Aim of the exercise => In the entries below, find the line with "chain_dropped = refl" and the line with "pub mod SessionCache"; give again those lines and every line between them, exactly.

Data for review =>

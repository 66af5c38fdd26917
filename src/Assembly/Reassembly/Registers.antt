-- ===== src/Assembly/Reassembly/Registers.antt =====
-- Instructions on registers and memory, and jumps.
use mips.Prelude.{ℕ, ◌^◌, ◌<◌, refl, arith, [], ◌∷◌, All}
use mips.Isa.{instruction}
use mips.Coding.Tables.{
  j_type_opcodes, memory_opcodes, constant_shift_funcs, variable_shift_funcs,
  three_reg_operand_funcs,
}
use mips.Coding.Decode.{
  Fields, jump_instruction, memory_instruction, constant_shift_instruction,
  variable_shift_instruction, three_registers_instruction,
}
use mips.Assembly.Parse.{parse_tokenized_instruction}
use mips.Assembly.Render.{render}
use mips.Assembly.Lines.{line_instruction}
use mips.Assembly.Reassembly.Reads.{Reads, unchanged}

module _ (f : Fields) where
  pub memory-Reads : All (λ e. Reads (memory_instruction f e.1)) memory_opcodes
  unfolding memory_instruction memory_opcodes render line_instruction parse_tokenized_instruction
  memory-Reads = (
    unchanged _ refl refl,
    (
      unchanged _ refl refl,
      (unchanged _ refl refl, (unchanged _ refl refl, (unchanged _ refl refl, tt))),
    ),
  )

  pub constant_shift-Reads :
      f.shift_amount < 2 ^ 5
      → All (λ e. Reads (constant_shift_instruction f e.1)) constant_shift_funcs
  unfolding constant_shift_instruction constant_shift_funcs render line_instruction
      parse_tokenized_instruction
  constant_shift-Reads shift_amount-lt = (
    unchanged _ refl (ground arith),
    (unchanged _ refl (ground arith), (unchanged _ refl (ground arith), tt)),
  )

  pub variable_shift-Reads :
      All (λ e. Reads (variable_shift_instruction f e.1)) variable_shift_funcs
  unfolding variable_shift_instruction variable_shift_funcs render line_instruction
      parse_tokenized_instruction
  variable_shift-Reads =
      (unchanged _ refl refl, (unchanged _ refl refl, (unchanged _ refl refl, tt)))

  pub three_registers-Reads :
      All (λ e. Reads (three_registers_instruction f e.1)) three_reg_operand_funcs
  unfolding three_registers_instruction three_reg_operand_funcs render line_instruction
      parse_tokenized_instruction
  three_registers-Reads = (
    unchanged _ refl refl,
    (
      unchanged _ refl refl,
      (
        unchanged _ refl refl,
        (
          unchanged _ refl refl,
          (
            unchanged _ refl refl,
            (
              unchanged _ refl refl,
              (
                unchanged _ refl refl,
                (unchanged _ refl refl, (unchanged _ refl refl, (unchanged _ refl refl, tt))),
              ),
            ),
          ),
        ),
      ),
    ),
  )

  pub jr-Reads : Reads (instruction "JR" (f.register_s ∷ []))
  unfolding render line_instruction parse_tokenized_instruction
  jr-Reads = unchanged _ refl refl

  pub jalr-Reads : Reads (instruction "JALR" (f.register_d ∷ f.register_s ∷ []))
  unfolding render line_instruction parse_tokenized_instruction
  jalr-Reads = unchanged _ refl refl

pub jump-Reads : (w : ℕ) → All (λ e. Reads (jump_instruction w e.1)) j_type_opcodes
unfolding jump_instruction j_type_opcodes render line_instruction parse_tokenized_instruction
jump-Reads w = (unchanged _ refl refl, (unchanged _ refl refl, tt))

pub nop-Reads : Reads (instruction "NOP" [])
unfolding render line_instruction parse_tokenized_instruction
nop-Reads = unchanged _ refl refl
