-- ===== src/Assistant/Series/Search.antt =====
-- The binary search in a series ends, with the last sample that is not after a time.
use quantstack_terminal.Common.{
  ℕ, zero, suc, ◌+◌, ◌-◌, ◌/◌, ◌≤◌, ◌<◌, ◌≡◌, refl, sym, ◌∙◌, ap, Bool-cases, true, false, List,
  inl, inr, Option, none, some, ltb, leb, ◌==◌, ==_iff, arith,
}
use quantstack_terminal.Assistant.Series.{
  Values, Series, new, stamp, newest, oldest, search, floor_index, at_time, interpolated,
}
use quantstack_terminal.Assistant.Series.Order.{IsOrdered, push_all, run-IsOrdered}

below_le : {a b c : ℕ} → a < b → b ≤ c → a ≤ c
below_le h k = omega arith

below_lt : {a b c : ℕ} → a < b → b < c → a < c
below_lt h k = omega arith

of_leb : {a b : ℕ} → leb a b ≡ true → a ≤ b
of_leb h = ground arith

of_not_leb : {a b : ℕ} → leb a b ≡ false → b < a
of_not_leb h = ground arith

not_both {ℓ} : {A : Type ℓ} {a b : ℕ} → a ≤ b → b < a → A
not_both h k = absurd (omega arith)

leb_of_lt : {a b : ℕ} → a < b → leb b a ≡ false
leb_of_lt h = ground arith

ltb_of_le : {a b : ℕ} → a ≤ b → ltb b a ≡ false
ltb_of_le h = ground arith

halved : (lo hi : ℕ) → lo < hi → (lo ≤ (lo + hi - 1) / 2) × ((lo + hi - 1) / 2 < hi)
halved lo hi h = (omega arith, omega arith)

module _ (vs : Values) where
  open vs use {Value}

  -- The hit of a search that knows of the samples below `lo`.
  abbrev hit_of : ℕ → Option ℕ
  hit_of zero = none
  hit_of (suc n) = some n

  hit_next : (n : ℕ) → hit_of (n + 1) ≡ some n
  hit_next n = let e : n + 1 ≡ suc n = omega arith in rw e refl

  -- The last sample that is not after a time.
  pub data IsFloor (s : Series Value) (t : ℕ) : Option ℕ → Type 0 where
    before_all : ((j : ℕ) → j < s.len → t < stamp vs s j) → IsFloor s t none
    at_sample :
        (i : ℕ)
        → i < s.len
        → stamp vs s i ≤ t
        → ((j : ℕ) → i < j → j < s.len → t < stamp vs s j)
        → IsFloor s t (some i)

  module _ (s : Series Value) (t : ℕ) (h : IsOrdered vs s) where
    hit_of-IsFloor :
        (lo : ℕ)
        → lo ≤ s.len
        → ((j : ℕ) → j < lo → stamp vs s j ≤ t)
        → ((j : ℕ) → lo ≤ j → j < s.len → t < stamp vs s j)
        → IsFloor s t (hit_of lo)
    hit_of-IsFloor zero fits below above = before_all (λ j low. above j (omega arith) low)
    hit_of-IsFloor (suc n) fits below above =
        at_sample n (omega arith) (below n (omega arith)) (λ j up low. above j (omega arith) low)

    up_to : (mid j : ℕ) → mid < s.len → stamp vs s mid ≤ t → j ≤ mid → stamp vs s j ≤ t
    up_to mid j low here under = elim (Bool-cases (j == mid)) [
      | inl same ↦ rw ((==_iff j mid).0 same) here
      | inr other ↦ let o = h.ordered j mid (ground arith) low in below_le o here
    ]

    after_all : (mid j : ℕ) → t < stamp vs s mid → mid ≤ j → j < s.len → t < stamp vs s j
    after_all mid j here up low = elim (Bool-cases (mid == j)) [
      | inl same ↦ rw (← (==_iff mid j).0 same) here
      | inr other ↦ below_lt here (h.ordered mid j (ground arith) low)
    ]

    search-IsFloor :
        (fuel lo hi : ℕ)
        → hi - lo < fuel
        → lo ≤ hi
        → hi ≤ s.len
        → ((j : ℕ) → j < lo → stamp vs s j ≤ t)
        → ((j : ℕ) → hi ≤ j → j < s.len → t < stamp vs s j)
        → (r : Option ℕ) × (search vs fuel s t lo hi (hit_of lo) ≡ some r) × IsFloor s t r
    unfolding search
    search-IsFloor zero lo hi m le fits below above = absurd (omega arith)
    search-IsFloor (suc fuel) lo hi m le fits below above = elim (Bool-cases (ltb lo hi)) [
      | inr done ↦
          let met : lo ≡ hi = ground arith in
          (
            hit_of lo,
            rw (search, done) refl,
            hit_of-IsFloor lo (omega arith) below (λ j up low. above j (omega arith) low),
          )
      | inl more ↦
          let mid = (lo + hi - 1) / 2 in
          let inside = halved lo hi (ground arith) in
          elim (Bool-cases (leb (stamp vs s mid) t)) [
            | inl here ↦
                let le_mid : stamp vs s mid ≤ t = of_leb here in
                let rest =
                  search-IsFloor fuel (mid + 1) hi (omega arith) (omega arith) fits
                    (λ j under. up_to mid j (omega arith) le_mid (omega arith)) above in
                (
                  rest.0,
                  rw (search, more, here)
                      (ap (search vs fuel s t (mid + 1) hi) (sym (hit_next mid)) ∙ rest.1),
                  rest.2,
                )
            | inr after ↦
                let gt_mid : t < stamp vs s mid = of_not_leb after in
                let rest =
                  search-IsFloor fuel lo mid (omega arith) inside.0 (omega arith) below
                    (λ j up low. after_all mid j gt_mid up low) in
                (rest.0, rw (search, more, after) rest.1, rest.2)
          ]
    ]

  -- In a series of whatever samples, the search of `floorIndex` ends within one round more than there
  -- are samples, with the last sample whose time is not after `t`, and with -1 exactly where all are
  -- after it.
  pub floor_index-IsFloor :
      (capacity : ℕ) (ps : List (ℕ × Value)) (t : ℕ)
      → 0 < capacity
      → let s = push_all vs ps (new vs capacity) in
        (r : Option ℕ) × (floor_index vs t s ≡ some r) × IsFloor s t r
  unfolding floor_index
  floor_index-IsFloor capacity ps t pos =
      let s = push_all vs ps (new vs capacity) in
      search-IsFloor s t (run-IsOrdered vs capacity ps pos) (s.len + 1) 0 s.len (omega arith)
        (omega arith) (omega arith) (λ j bad. absurd (omega arith))
        (λ j up bad. absurd (omega arith))

  oldest_first : (s : Series Value) → (s.len == 0) ≡ false → oldest vs s ≡ stamp vs s 0
  unfolding oldest
  oldest_first s some_ = rw (oldest, some_) refl

  newest_last : (s : Series Value) → (s.len == 0) ≡ false → newest vs s ≡ stamp vs s (s.len - 1)
  unfolding newest
  newest_last s some_ = rw (newest, some_) refl

  at_time-floor :
      (s : Series Value) (t i : ℕ)
      → (s.len == 0) ≡ false
      → leb (newest vs s) t ≡ false
      → ltb t (oldest vs s) ≡ false
      → floor_index vs t s ≡ some (some i)
      → (i == s.len - 1) ≡ false
      → at_time vs t s ≡ some (interpolated vs t s i)
  unfolding at_time
  at_time-floor s t i some_ early late found inner =
      rw (at_time, some_, early, late, found, inner) refl

  bracket :
      (s : Series Value) (t : ℕ) (r : Option ℕ)
      → (s.len == 0) ≡ false
      → t < newest vs s
      → oldest vs s ≤ t
      → floor_index vs t s ≡ some r
      → IsFloor s t r
      → (i : ℕ) × (i + 1 < s.len)
        × (stamp vs s i ≤ t)
        × (t < stamp vs s (i + 1))
        × (at_time vs t s ≡ some (interpolated vs t s i))
  bracket s t none some_ early late found (before_all above) =
      let first = above 0 (ground arith) in
      let same = oldest_first s some_ in not_both (rw same at late) first
  bracket s t (some i) some_ early late found (at_sample _ low here above) =
      let same = newest_last s some_ in
      let inner : (i == s.len - 1) ≡ false = elim (Bool-cases (i == s.len - 1)) [
        | inr other ↦ other
        | inl last ↦
            let at_end : i ≡ s.len - 1 = (==_iff i (s.len - 1)).0 last in
            let before : t < stamp vs s i = rw (same, ← at_end) at early in not_both here before
      ] in
      (
        i,
        ground arith,
        here,
        above (i + 1) (omega arith) (ground arith),
        at_time-floor s t i some_ (leb_of_lt early) (ltb_of_le late) found inner,
      )

  -- At a time from the oldest sample on and before the newest, a series of whatever samples gives the
  -- value between two neighbouring samples: one that is not after the time, and the next one, which is.
  pub at_time-between :
      (capacity : ℕ) (ps : List (ℕ × Value)) (t : ℕ)
      → 0 < capacity
      → let s = push_all vs ps (new vs capacity) in
        (s.len == 0) ≡ false
        → oldest vs s ≤ t
        → t < newest vs s
        → (i : ℕ) × (i + 1 < s.len)
          × (stamp vs s i ≤ t)
          × (t < stamp vs s (i + 1))
          × (at_time vs t s ≡ some (interpolated vs t s i))
  at_time-between capacity ps t pos some_ late early =
      let s = push_all vs ps (new vs capacity) in
      let found = floor_index-IsFloor capacity ps t pos in
      bracket s t found.0 some_ early late found.1 found.2
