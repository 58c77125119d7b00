-- ===== src/Assistant/Series/Tests.antt =====
-- A series of four places that is offered six samples.
use quantstack_terminal.Common.{
  ℕ, ◌+◌, ◌-◌, ◌*◌, ◌/◌, ◌≡◌, refl, List, [], ◌∷◌, Option, none, some, text_eq, codes, ◌==◌, arith,
  not, if◌then◌else◌,
}
use quantstack_terminal.Assistant.Series.{
  Values, Series, new, push, append, newest, oldest, latest, search, floor_index, at_time,
  interpolated, delta, window, samples_from, drop_chain,
}
use quantstack_terminal.Assistant.Series.Order.{push_all, IsOrdered, run-IsOrdered}
use quantstack_terminal.Assistant.Series.Search.{IsFloor, floor_index-IsFloor}

-- Whole values, interpolated from below; 99 stands for one that is not finite.
abbrev whole : Values
whole = record {
  Value = ℕ;
  zero_ = 0;
  is_finite = λ v. not (v == 99);
  between = λ a b t d. a + (b - a) * t / d;
  minus = λ a b. a - b;
  percent = λ a b. if b == 0 then 0 else (a - b) * 100 / b;
}

abbrev offered : List (ℕ × ℕ)
offered = (10, 1) ∷ (20, 3) ∷ (20, 9) ∷ (30, 99) ∷ (40, 5) ∷ (50, 7) ∷ (60, 8) ∷ []

abbrev held : Series ℕ
held = push_all whole offered (new whole 4)

held_is_full : held.len ≡ 4
unfolding push_all new push append newest
held_is_full = refl

oldest_is_kept : oldest whole held ≡ 20
unfolding push_all new push append newest oldest
oldest_is_kept = refl

halfway : at_time whole 30 held ≡ some 4
unfolding push_all new push append newest oldest at_time floor_index search interpolated latest
halfway = refl

too_early : at_time whole 19 held ≡ none
unfolding push_all new push append newest oldest at_time floor_index search interpolated latest
too_early = refl

last_two : window whole 15 65 held ≡ record { ts = 50; v = 7 } ∷ record { ts = 60; v = 8 } ∷ []
unfolding push_all new push append newest window samples_from
last_two = refl

change : delta whole 30 60 held ≡ some (record { from = 4; to = 8; abs = 4; pct = 100 })
unfolding push_all new push append newest oldest at_time floor_index search interpolated latest
    delta
change = refl

chain_dropped :
    drop_chain whole (codes "N") ((codes "N|1|-|oi", held) ∷ (codes "NI|1|-|oi", held) ∷ [])
    ≡ (codes "NI|1|-|oi", held) ∷ []
unfolding drop_chain
chain_dropped = refl

run-IsOrdered_example : IsOrdered whole held
run-IsOrdered_example = run-IsOrdered whole 4 offered (omega arith)

floor_index-IsFloor_example :
    (r : Option ℕ) × (floor_index whole 45 held ≡ some r) × IsFloor whole held 45 r
floor_index-IsFloor_example = floor_index-IsFloor whole 4 offered 45 (omega arith)
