-- ===== src/Cache.antt =====
-- The bounded stores: backend/lib/lruCache.ts, backend/lib/computeCache.ts, backend/engine/ringBuffer.ts,
-- and the sessions on disk: backend/lib/sessionCache.ts.
pub mod LruCache
pub mod RingBuffer
pub mod ComputeCache
pub mod SessionCache
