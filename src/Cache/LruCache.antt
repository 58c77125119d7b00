-- ===== src/Cache/LruCache.antt =====
-- backend/lib/lruCache.ts: a cache of bounded size whose entries expire.
--
-- The store is a `Map` in insertion order, its head the least recently used entry. `Date.now()` is
-- the argument `now`, and the comparison of ages is written as a sum. The type of the data is taken
-- not to hold `null`, which `get` and `has` could not tell from a miss.
pub mod Bounds
pub mod Recency
mod Tests
use quantstack_terminal.Common.{
  ℕ, ◌+◌, ◌-◌, Bool, true, false, List, [], ◌∷◌, Option, none, some, Text, text_eq, ltb, leb,
  if◌then◌else◌, length, map, Assoc, put, remove,
}
use quantstack_terminal.Common.{get as map_get}

pub record CacheMeta : Type 0 where
  pub key : Text
  pub cached_at : ℕ
  pub expires_in : ℕ
  pub ttl_ms : ℕ

pub record Entry (T : Type 0) : Type 0 where
  pub value : T
  pub at : ℕ
  pub ttl : ℕ

pub record LruCache (T : Type 0) : Type 0 where
  pub store : Assoc Text (Entry T)
  pub capacity : ℕ

module _ {T : Type 0} where
  unfoldable pub new : ℕ → LruCache T
  new capacity = record { store = []; capacity = capacity }

  -- `Date.now() - entry.at > entry.ttl`
  abbrev pub is_expired : ℕ → Entry T → Bool
  is_expired now e = ltb (e.at + e.ttl) now

  unfoldable pub get : ℕ → Text → LruCache T → LruCache T × Option T
  get now key c = elim (map_get key c.store) [
    | none ↦ (c, none)
    | some e ↦
        if is_expired now e
        then (record c { store = remove key c.store }, none)
        else (record c { store = put key e (remove key c.store) }, some e.value)
  ]

  -- The eviction of `set`: the head of the map, if the map is full.
  unfoldable pub evict : ℕ → Assoc Text (Entry T) → Assoc Text (Entry T)
  evict capacity [] = []
  evict capacity (b ∷ m) = if leb capacity (length (b ∷ m)) then remove b.0 (b ∷ m) else b ∷ m

  unfoldable pub set : ℕ → Text → T → ℕ → LruCache T → LruCache T
  set now key value ttl_ms c = record c {
    store =
        put key (record { value = value; at = now; ttl = ttl_ms })
          (evict c.capacity (remove key c.store));
  }

  unfoldable pub has : ℕ → Text → LruCache T → LruCache T × Bool
  has now key c =
      let (c', found) = get now key c in (c', elim found [ none ↦ false | some v ↦ true ])

  unfoldable pub delete : Text → LruCache T → LruCache T
  delete key c = record c { store = remove key c.store }

  unfoldable pub clear : LruCache T → LruCache T
  clear c = record c { store = [] }

  unfoldable pub size : LruCache T → ℕ
  size c = length c.store

  -- `-` stops at 0, as `Math.max(0, …)` does.
  unfoldable pub entries : ℕ → LruCache T → List CacheMeta
  entries now c =
      map
        (λ b. record {
          key = b.0;
          cached_at = b.1.at;
          expires_in = (b.1.at + b.1.ttl) - now;
          ttl_ms = b.1.ttl;
        })
        c.store

-- The calls on a cache, each at its time.
pub data Use (T : Type 0) : Type 0 where
  fetched : ℕ → Text → Use T
  stored : ℕ → Text → T → ℕ → Use T
  checked : ℕ → Text → Use T
  deleted : Text → Use T
  cleared : Use T

module _ {T : Type 0} where
  unfoldable pub step : Use T → LruCache T → LruCache T
  step (fetched now key) c = (get now key c).0
  step (stored now key value ttl) c = set now key value ttl c
  step (checked now key) c = (has now key c).0
  step (deleted key) c = delete key c
  step cleared c = clear c

  unfoldable pub run : List (Use T) → LruCache T → LruCache T
  run [] c = c
  run (u ∷ us) c = run us (step u c)
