-- ===== src/Cache/ComputeCache.antt =====
-- backend/lib/computeCache.ts: the results of straddle computations, kept in an LRU cache.
--
-- The module's one cache is passed explicitly; the clock and the day of India at a call are arguments.
pub mod Sessions
mod Tests
use quantstack_terminal.Common.{
  ℕ, ◌*◌, Bool, List, [], ◌∷◌, ◌++◌, Option, none, some, Text, text_beq, upper, join, if◌then◌else◌,
}
use quantstack_terminal.Cache.LruCache.{CacheMeta, LruCache, new, get, set, delete, size, entries}

abbrev pub ttl_historical_ms : ℕ
ttl_historical_ms = 48 * 60 * 60 * 1000

abbrev pub ttl_today_ms : ℕ
ttl_today_ms = 12 * 60 * 60 * 1000

abbrev pub is_today : Text → Text → Bool
is_today today date = text_beq date today

unfoldable pub cache_key : Text → Text → Text → Text → Text
cache_key symbol exchange expiry date =
    join (b'|' ∷ []) (upper symbol ∷ upper exchange ∷ expiry ∷ date ∷ [])

abbrev pub ttl_for : Text → Text → ℕ
ttl_for today date = if is_today today date then ttl_today_ms else ttl_historical_ms

module _ {T : Type 0} where
  unfoldable pub new_cache : LruCache T
  new_cache = new 50

  unfoldable pub get_computed : ℕ → Text → LruCache T → LruCache T × Option T
  get_computed now key c = get now key c

  unfoldable pub set_computed : ℕ → Text → Text → T → Text → LruCache T → LruCache T
  set_computed now today key result date c = set now key result (ttl_for today date) c

  unfoldable pub invalidate : Text → LruCache T → LruCache T
  invalidate key c = delete key c

pub record CacheStatus : Type 0 where
  pub capacity : ℕ
  pub size_of : ℕ
  pub entries_of : List CacheMeta

unfoldable pub cache_status : {T : Type 0} → ℕ → LruCache T → CacheStatus
cache_status now c = record { capacity = 50; size_of = size c; entries_of = entries now c }
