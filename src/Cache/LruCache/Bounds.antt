-- ===== src/Cache/LruCache/Bounds.antt =====
-- The size of the cache, and what is read after a write.
use quantstack_terminal.Common.{
  ℕ, suc, ◌+◌, ◌≤◌, max, ◌≡◌, ◌∙◌, refl, ap, inl, inr, List, [], ◌∷◌, none, some, Text, text_eq,
  text_beq, text_beq_iff, arith, length, length-append, Bool-cases, Option-cases, if◌then◌else◌,
  leb, ltb, Assoc, put, remove, Distinct, IsFresh, IsFresh-remove, IsFresh-remove_self,
  Distinct-remove, Distinct-put, get-put_self, put_of_IsFresh,
}
use quantstack_terminal.Common.{get as map_get}
use quantstack_terminal.Cache.LruCache.{
  Entry, LruCache, new, is_expired, get, evict, set, has, delete, clear, Use, fetched, stored,
  checked, deleted, cleared, step, run,
}
use quantstack_terminal.Common.{length-remove_le}

module _ {T : Type 0} where
  -- Distinct keys, and no more of them than the capacity; a capacity of 0 holds one entry.
  pub record IsBounded (c : LruCache T) : Type 0 where
    pub distinct : Distinct c.store
    pub bounded : length c.store ≤ max 1 c.capacity

  length-remove_found :
      (k : Text) (m : Assoc Text (Entry T)) {e : Entry T}
      → map_get k m ≡ some e
      → suc (length (remove k m)) ≡ length m
  unfolding map_get remove
  length-remove_found k [] h = cc
  length-remove_found k ((j, w) ∷ m) {e} h = elim (Bool-cases (text_beq j k)) [
    | inl same ↦ rw same refl
    | inr other ↦ rw other (ap suc (length-remove_found k m (rw other at h)))
  ]

  length-put_fresh :
      (k : Text) (e : Entry T) (m : Assoc Text (Entry T))
      → IsFresh k m
      → length (put k e m) ≡ length m + 1
  length-put_fresh k e m h = ap length (put_of_IsFresh k e m h) ∙ length-append m ((k, e) ∷ [])

  evict-lt :
      (n : ℕ) (m : Assoc Text (Entry T)) → length m ≤ max 1 n → length (evict n m) + 1 ≤ max 1 n
  unfolding evict remove
  evict-lt n [] h = omega arith
  evict-lt n ((k, e) ∷ m) h = ground (arith, (text_beq_iff k k).1 refl)

  evict-Distinct : (n : ℕ) (m : Assoc Text (Entry T)) → Distinct m → Distinct (evict n m)
  unfolding evict
  evict-Distinct n [] h = tt
  evict-Distinct n (b ∷ m) h = elim (Bool-cases (leb n (length (b ∷ m)))) [
    | inl full ↦ rw full (Distinct-remove b.0 (b ∷ m) h)
    | inr room ↦ rw room h
  ]

  pub evict-IsFresh :
      (k : Text) (n : ℕ) (m : Assoc Text (Entry T)) → IsFresh k m → IsFresh k (evict n m)
  unfolding evict
  evict-IsFresh k n [] h = tt
  evict-IsFresh k n (b ∷ m) h = elim (Bool-cases (leb n (length (b ∷ m)))) [
    | inl full ↦ rw full (IsFresh-remove k b.0 (b ∷ m) h)
    | inr room ↦ rw room h
  ]

  set-IsBounded :
      (now : ℕ) (k : Text) (v : T) (ttl : ℕ) (c : LruCache T)
      → IsBounded c
      → IsBounded (set now k v ttl c)
  unfolding set
  set-IsBounded now k v ttl c h =
      let m = remove k c.store in
      let fresh = evict-IsFresh k c.capacity m (IsFresh-remove_self k c.store h.distinct) in
      let room = evict-lt c.capacity m (omega (arith, length-remove_le k c.store, h.bounded)) in
      record {
        distinct =
            Distinct-put k _ (evict c.capacity m)
              (evict-Distinct c.capacity m (Distinct-remove k c.store h.distinct));
        bounded = rw (length-put_fresh k _ (evict c.capacity m) fresh) room;
      }

  get-IsBounded : (now : ℕ) (k : Text) (c : LruCache T) → IsBounded c → IsBounded (get now k c).0
  unfolding get
  get-IsBounded now k c h = elim (Option-cases (map_get k c.store)) [
    | inl missing ↦ rw (missing, get) h
    | inr (e, found) ↦ elim (Bool-cases (is_expired now e)) [
      | inl old ↦
          rw (found, old, get)
            (record {
              distinct = Distinct-remove k c.store h.distinct;
              bounded = omega (arith, length-remove_le k c.store, h.bounded);
            })
      | inr live ↦
          let fresh = IsFresh-remove_self k c.store h.distinct in
          rw (found, live, get)
            (record {
              distinct = Distinct-put k e (remove k c.store) (Distinct-remove k c.store h.distinct);
              bounded = omega (
                arith,
                length-put_fresh k e (remove k c.store) fresh,
                length-remove_found k c.store found,
                h.bounded,
              );
            })
    ]
  ]

  step-IsBounded : (u : Use T) (c : LruCache T) → IsBounded c → IsBounded (step u c)
  unfolding step has delete clear
  step-IsBounded (fetched now k) c h = get-IsBounded now k c h
  step-IsBounded (stored now k v ttl) c h = set-IsBounded now k v ttl c h
  step-IsBounded (checked now k) c h = get-IsBounded now k c h
  step-IsBounded (deleted k) c h = record {
    distinct = Distinct-remove k c.store h.distinct;
    bounded = omega (arith, length-remove_le k c.store, h.bounded);
  }
  step-IsBounded cleared c h = record { distinct = tt; bounded = omega arith }

  run_from-IsBounded : (us : List (Use T)) (c : LruCache T) → IsBounded c → IsBounded (run us c)
  unfolding run
  run_from-IsBounded [] c h = h
  run_from-IsBounded (u ∷ us) c h = run_from-IsBounded us (step u c) (step-IsBounded u c h)

  -- After any sequence of uses of a new cache, its keys are distinct and it holds at most as many
  -- entries as its capacity, or one if that is 0.
  pub run-IsBounded : (capacity : ℕ) (us : List (Use T)) → IsBounded (run us (new capacity))
  unfolding new
  run-IsBounded capacity us =
      run_from-IsBounded us _ (record { distinct = tt; bounded = omega arith })

  -- What was stored last under a key is read until its time to live is over, and not after.
  pub get-set :
      (now later : ℕ) (k : Text) (v : T) (ttl : ℕ) (c : LruCache T)
      → (get later k (set now k v ttl c)).1 ≡ (if ltb (now + ttl) later then none else some v)
  unfolding get set
  get-set now later k v ttl c =
      rw
        (
          get-put_self k (record { value = v; at = now; ttl = ttl })
              (evict c.capacity (remove k c.store)),
          get,
        )
        (ground arith)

Solution to this exercise =>
chain_dropped = refl

run-IsOrdered_example : IsOrdered whole held
run-IsOrdered_example = run-IsOrdered whole 4 offered (omega arith)

floor_index-IsFloor_example :
    (r : Option ℕ) × (floor_index whole 45 held ≡ some r) × IsFloor whole held 45 r
floor_index-IsFloor_example = floor_index-IsFloor whole 4 offered 45 (omega arith)
-- ===== src/Cache.antt =====
-- The bounded stores: backend/lib/lruCache.ts, backend/lib/computeCache.ts, backend/engine/ringBuffer.ts,
-- and the sessions on disk: backend/lib/sessionCache.ts.
pub mod LruCache
pub mod RingBuffer
pub mod ComputeCache
pub mod SessionCache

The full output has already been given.